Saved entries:
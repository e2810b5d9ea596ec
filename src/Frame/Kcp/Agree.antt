-- ===== src/Frame/Kcp/Agree.antt =====
-- kcp/frame/codec.go: its packets are those of tcp/frame/codec.go.
use fabrica_net.Base.{ℕ, true, List, ◌==◌, ==_iff, length, Option-cases, inl, inr, ◌≡◌, refl}
use fabrica_net.Frame.{int32_of, put_int32, BufferedWriter}
use fabrica_net.Frame.Tcp
use fabrica_net.Frame.Tcp.{Decoded, pack, decode_error, written}
use fabrica_net.Frame.Kcp
use fabrica_net.Frame.Kcp.{CodecStats, count_bytes_in, count_pool}

module _ (bufio : BufferedWriter) where
  open bufio use {Writer, write, flush, write_lem}

  -- The KCP `Encode`, which leaves out the test for a short write, writes what the TCP `Encode` writes.
  pub encode_agrees :
      (c : CodecStats) (w : Writer) (p : List ℕ) → (Kcp.encode bufio c w p).0 ≡ Tcp.encode bufio w p
  unfolding Kcp.encode Tcp.encode
  encode_agrees c w p = elim (Option-cases (write w (put_int32 (int32_of (length p))))) [
    | inl e ↦ rw (e, Kcp.encode, Tcp.encode) refl
    | inr ((k, w'), e) ↦ elim (Option-cases (write w' p)) [
      | inl e' ↦ rw (e, e', Kcp.encode, Tcp.encode) refl
      | inr ((n, w''), e') ↦
          let full : (n == length p) ≡ true = (==_iff n (length p)).1 (write_lem w' p n w'' e').0 in
          elim (Option-cases (flush w'')) [
            | inl e'' ↦ rw (e, e', full, e'', Kcp.encode, Tcp.encode) (rw (e'', Tcp.finish) refl)
            | inr (out, e'') ↦
                rw (e, e', full, e'', Kcp.encode, Tcp.encode) (rw (e'', Tcp.finish) refl)
          ]
    ]
  ]
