-- ===== src/Frame/Kcp/Count.antt =====
-- kcp/frame/codec.go and kcp/frame/stats.go: what the counters count.
use fabrica_net.Base.{
  ℕ, ◌≤◌, ◌<◌, ℤ, pos_part, ◌==◌, length, Option-cases, Bool-cases, inl, inr, ◌≡◌, refl, ◌∙◌,
}
use fabrica_net.Frame.{max_pack_size, get_int32, Reader, read_full, BufferPool, read_pack_failed}
use fabrica_net.Frame.Prefix.{refuses}
use fabrica_net.Frame.Reading.{read_full-length}
use fabrica_net.Frame.Tcp.{Decoded, pack, decode_error}
use fabrica_net.Frame.Tcp.Buffers.{asked}
use fabrica_net.Frame.Kcp.{
  CodecStats, count_decode, count_bytes_in, count_pool, decode_failed, decode, decode_len,
  decode_body,
}

module _ (pool : BufferPool) where
  open pool use {State, Buffer, len, cap_of, alloc, free, len-alloc}

  -- The counters after a `Decode` in the state `s` of the pool, by what it returned.
  abbrev pub Counts : CodecStats → State → Decoded State Buffer → CodecStats → Type 0
  Counts c s (pack p buf s' r) c' =
      c' ≡ count_pool (count_bytes_in (count_decode c) (length p)) (cap_of buf == length p)
  Counts c s (decode_error read_pack_failed s') c' =
      (n : ℕ) × (0 < n)
      × (n ≤ max_pack_size)
      × (c'
          ≡ decode_failed
              (count_pool (count_bytes_in (count_decode c) n) (cap_of (alloc s n).0 == n)))
  Counts c s (decode_error e s') c' = c' ≡ decode_failed (count_decode c)

  body-Counts :
      (c : CodecStats) (s : State) (n : ℕ) (r : Reader)
      → 0 < n
      → n ≤ max_pack_size
      → let d =
          decode_body pool
            (count_pool (count_bytes_in (count_decode c) n) (cap_of (alloc s n).0 == n))
            (alloc s n).1
            (alloc s n).0
            r in
        Counts c s d.0 d.1
  unfolding decode_body
  body-Counts c s n r h k = elim (Option-cases (read_full (len (alloc s n).0) r)) [
    | inl e ↦ rw (e, decode_body) (n, h, k, refl)
    | inr ((bytes, r'), e) ↦
        let size : length bytes ≡ n = read_full-length _ r e ∙ len-alloc s n h in
        rw (e, decode_body, size) refl
  ]

  len-Counts :
      (c : CodecStats) (s : State) (n : ℤ) (r : Reader)
      → let d = decode_len pool (count_decode c) s n r in Counts c s d.0 d.1
  unfolding decode_len
  len-Counts c s n r = elim (Bool-cases (refuses n)) [
    | inl e ↦ rw (e, decode_len) refl
    | inr e ↦ rw (e, decode_len) (body-Counts c s (pos_part n) r (asked n e).0 (asked n e).1)
  ]

  -- Each `Decode` counts itself once, and once more as an error if and only if it returns one; the bytes
  -- of the announced length are counted once it is accepted, and with them a pool hit if the buffer's
  -- capacity is just the announced length and a pool miss otherwise.
  pub decode-Counts :
      (c : CodecStats) (s : State) (r : Reader) → let d = decode pool c s r in Counts c s d.0 d.1
  unfolding decode
  decode-Counts c s r = elim (Option-cases (read_full 4 r)) [
    | inl e ↦ rw (e, decode) refl
    | inr ((header, r'), e) ↦ rw (e, decode) (len-Counts c s (get_int32 header) r')
  ]
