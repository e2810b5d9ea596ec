-- ===== src/Frame/Samples.antt =====
-- Connections and a pool to try the codecs on.
use fabrica_net.Base.{ℕ, ◌+◌, ◌-◌, Option, some, List, [], ◌∷◌, ◌++◌, length, ◌≡◌, refl, arith}
use mathlib.Core.List.{append_assoc}
use fabrica_net.Frame.{Reader, BufferPool, BufferedWriter}

-- A connection that takes everything.
pub record Out : Type 0 where
  pub done : List ℕ
  pub waiting : List ℕ

unfoldable pub write_out : Out → List ℕ → Out
write_out w bs = record w { waiting = w.waiting ++ bs }

unfoldable pub flush_out : Out → Out
flush_out w = record { done = w.done ++ w.waiting; waiting = [] }

pub write_holds :
    (w : Out) (bs : List ℕ) (n : ℕ) (w' : Out)
    → ◌≡◌ {A = Option (ℕ × Out)} (some (length bs, write_out w bs)) (some (n, w'))
    → (n ≡ length bs) × (w'.done ++ w'.waiting ≡ (w.done ++ w.waiting) ++ bs)
unfolding write_out
write_holds w bs n w' e = ground (arith, append_assoc w.done w.waiting bs)

pub flush_holds :
    (w w' : Out)
    → some (flush_out w) ≡ some w'
    → (w'.done ≡ w.done ++ w.waiting) × (w'.waiting ≡ [])
unfolding flush_out
flush_holds w w' e = ground arith

abbrev pub open_writer : BufferedWriter
open_writer = record {
  Writer = Out;
  sent = λ w. w.done;
  pending = λ w. w.waiting;
  write = λ w bs. some (length bs, write_out w bs);
  flush = λ w. some (flush_out w);
  write_lem = write_holds;
  flush_lem = flush_holds;
}

-- A pool that counts its outstanding buffers; a buffer is its length.
abbrev pub counting : BufferPool
counting = record {
  State = ℕ;
  Buffer = ℕ;
  len = λ b. b;
  cap_of = λ b. b;
  alloc = λ s n. (n, s + 1);
  free = λ s b. s - 1;
  len-alloc = λ s n h. refl;
}

abbrev pub fresh : Out
fresh = record { done = []; waiting = [] }

-- Two frames in three chunks, and one more byte.
abbrev pub in_chunks : Reader
in_chunks = record {
  buffered = [];
  incoming = (0 ∷ 0 ∷ []) ∷ (0 ∷ 2 ∷ 7 ∷ 8 ∷ 0 ∷ 0 ∷ 0 ∷ []) ∷ (1 ∷ 9 ∷ 5 ∷ []) ∷ [];
}
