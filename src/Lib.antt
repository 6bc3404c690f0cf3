-- ===== src/Lib.antt =====
-- The Hypertrace collector (cmd/collector), an OpenTelemetry collector with its own processors and
-- with its own versions of the Kafka exporter, the Prometheus exporter and the Jaeger receiver.
--
-- A pipeline hands batches of traces or metrics from a receiver through processors to exporters. Each
-- component is a module, and a component's operations are functions that return the new value of what
-- the code changes in place, the error, and what the call records, logs or hands on.
--
-- Prelude has Go strings as byte lists, Go maps as association lists, sort.Strings, strconv.Itoa,
-- strconv.ParseInt (Prelude/Int) and net.SplitHostPort (Prelude/HostPort).
--
-- Pdata is the data model of pdata: the trees of metrics and traces, attribute maps as the interface
-- AttributeMap, opencensus tag maps as the interface TagMap.
--
-- TenantId models processors/tenantidprocessor: ProcessMetrics and ProcessTraces are process_metrics
-- and process_traces in TenantId/Process, Config and MetricViews are in TenantId/Config.
--
-- RateLimiter models processors/ratelimiter: ConsumeTraces is consume_traces in RateLimiter/Consume,
-- the factory and Shutdown are in RateLimiter/Lifecycle.
--
-- SpanCounter models processors/spancounter: newProcessor and the labelling of criteria are in
-- SpanCounter/Config, ProcessTraces and spanMatchesConfig in SpanCounter/Process.
--
-- MetricRemover models processors/metricremover, and ResourceAttrs models
-- processors/metricresourceattrstoattrs: ProcessMetrics is process_metrics in both.
--
-- Kafka models exporter/kafkaexporter: jaegerMarshaler and jaegerMarshalerCurer are in Kafka/Curer,
-- cureSpan and cureSpanLogs in Kafka/Cure, byteSize in Kafka/Message, spanAsString in Kafka/Describe;
-- the settings and Validate in Kafka/Config, the pushers, getTopic and newSaramaProducer in
-- Kafka/Exporter, the calls of an exporter one after the other in Kafka/Exporter/Lifecycle, the
-- constructors and defaults in Kafka/Factory, the raw and pdata marshalers in Kafka/Marshalers, the
-- maps of marshaler.go and NewFactory with its options in Kafka/Tables.
--
-- Prometheus models exporter/prometheusexporter: Accumulate and Collect of the accumulator are
-- accumulate and collect in Prometheus/Accumulator, with the values they hold in
-- Prometheus/LastValues; accumulateHistogramValues is in Prometheus/Histogram, timeseriesSignature in
-- Prometheus/Signature, the labels of utils.go in Prometheus/Labels. Of the collector, newCollector,
-- convertExemplars and getMetricMetadata are in Prometheus/Convert, convertMetric with its four cases
-- in Prometheus/Convert/ByType, the buckets of convertDoubleHistogram in Prometheus/Buckets,
-- createTargetInfoMetrics and Collect in Prometheus/TargetInfo. prometheus.go is in
-- Prometheus/Exporter, where run_calls is a sequence of calls of ConsumeMetrics and Collect.
--
-- JaegerReceiver models receiver/jaegerreceiver: Validate, Unmarshal and checkPortFromEndpoint are in
-- JaegerReceiver/Config; decodeThriftHTTPBody and toMetadata in JaegerReceiver/Request;
-- HandleThriftHTTPBatch, EmitBatch and PostSpans in JaegerReceiver/Handlers; createTracesReceiver and
-- newJaegerReceiver in JaegerReceiver/Receiver; Start with startAgent and startCollector in
-- JaegerReceiver/Start; Shutdown, and the ends of the goroutines as a step relation, in
-- JaegerReceiver/Shutdown.
--
-- Command models cmd/collector: components, defaultComponents, registerMetricViews and main.
--
-- Pipeline is the tenant id processor followed by the rate limiter, and Pipeline/Intake the HTTP
-- handler of the Jaeger receiver followed by the tenant id processor.
--
-- Tests has concrete instances of the interfaces, the theorems at concrete inputs, and runs.
--
-- Libraries that are not in the repository are parameters: pcommon.Map and pcommon.Value
-- (AttributeMap), opencensus tags (TagMap), the counts SpanCount and MetricCount, RemoveIf of a
-- metric slice (MetricSlice), the rate limit service, grpc.DialContext, the Jaeger translator, the
-- encodings of a Jaeger span, the encoders of pdata and encoding/json, sarama (Sarama), gRPC's metadata
-- (Metadata), the observability report (ObsReport), the Thrift deserializer and
-- mime.ParseMediaType, the servers and listeners of the Jaeger receiver (Libraries), client_golang
-- (Client) and prometheustranslator (Translator), the factories of other repositories (Others) and
-- MakeFactoryMap. Their laws are fields of the interface records and state documented behaviour, as
-- do those of TypeNames on the names of metric types. The trees of pdata and the Jaeger span are
-- records with the fields that the code reads.
--
-- Numbers: Go's int is unbounded where it counts things in memory; uint32 and uint64 wrap, an int64
-- is its 64-bit pattern, and float64 is an abstract type. Sizes that a configuration gives as int are
-- taken to be not negative. Loops are structural recursion; the five rounds of the cures recur on the
-- rounds that are left, and Itoa has as much fuel as its argument, which is more than its digits
-- (Prelude.Decimal.read-itoa).
--
-- Calls are taken one after the other: the accumulator's sync.Map is a map. The rounds of two calls
-- of Accumulate that run at once, one access of the map at a time in any order, are in
-- Prometheus/Accumulator/Interleaved; a sync.Map makes each Load, Store and Delete one step. Where
-- the code would panic in the accumulator or the collector, the result is none. The goroutines of
-- the Jaeger receiver are a list; they end one at a time, in any order.
--
-- Not modelled: the wrapping of components by exporterhelper and processorhelper beyond the order of
-- their calls, feature gates, what the HTTP and gRPC servers do besides calling their handlers,
-- generated metadata besides the types, and texts that are only logged, unless a theorem speaks of
-- them.
pub mod Prelude
pub mod Pdata
pub mod TenantId
pub mod RateLimiter
pub mod SpanCounter
pub mod MetricRemover
pub mod ResourceAttrs
pub mod Kafka
pub mod Prometheus
pub mod JaegerReceiver
pub mod Pipeline
pub mod Command
pub mod Tests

» Work to be completed:
Beginning at the top of the data, please return every line until and including the line containing "elim (Option-cases (flush", copied exactly, and nothing past it.

» Solution to the exercise:
repository e2810b5d9ea596ec
filename src/Frame/Kcp/Agree.antt
-- ===== src/Frame/Kcp/Agree.antt =====
-- kcp/frame/codec.go: its packets are those of tcp/frame/codec.go.
use fabrica_net.Base.{ℕ, true, List, ◌==◌, ==_iff, length, Option-cases, inl, inr, ◌≡◌, refl}
use fabrica_net.Frame.{int32_of, put_int32, BufferedWriter}
use fabrica_net.Frame.Tcp
use fabrica_net.Frame.Tcp.{Decoded, pack, decode_error, written}
use fabrica_net.Frame.Kcp
use fabrica_net.Frame.Kcp.{CodecStats, count_bytes_in, count_pool}

module _ (bufio : BufferedWriter) where
  open bufio use {Writer, write, flush, write_lem}

  -- The KCP `Encode`, which leaves out the test for a short write, writes what the TCP `Encode` writes.
  pub encode_agrees :
      (c : CodecStats) (w : Writer) (p : List ℕ) → (Kcp.encode bufio c w p).0 ≡ Tcp.encode bufio w p
  unfolding Kcp.encode Tcp.encode
  encode_agrees c w p = elim (Option-cases (write w (put_int32 (int32_of (length p))))) [
    | inl e ↦ rw (e, Kcp.encode, Tcp.encode) refl
    | inr ((k, w'), e) ↦ elim (Option-cases (write w' p)) [
      | inl e' ↦ rw (e, e', Kcp.encode, Tcp.encode) refl
      | inr ((n, w''), e') ↦
          let full : (n == length p) ≡ true = (==_iff n (length p)).1 (write_lem w' p n w'' e').0 in
          elim (Option-cases (flush w'')) [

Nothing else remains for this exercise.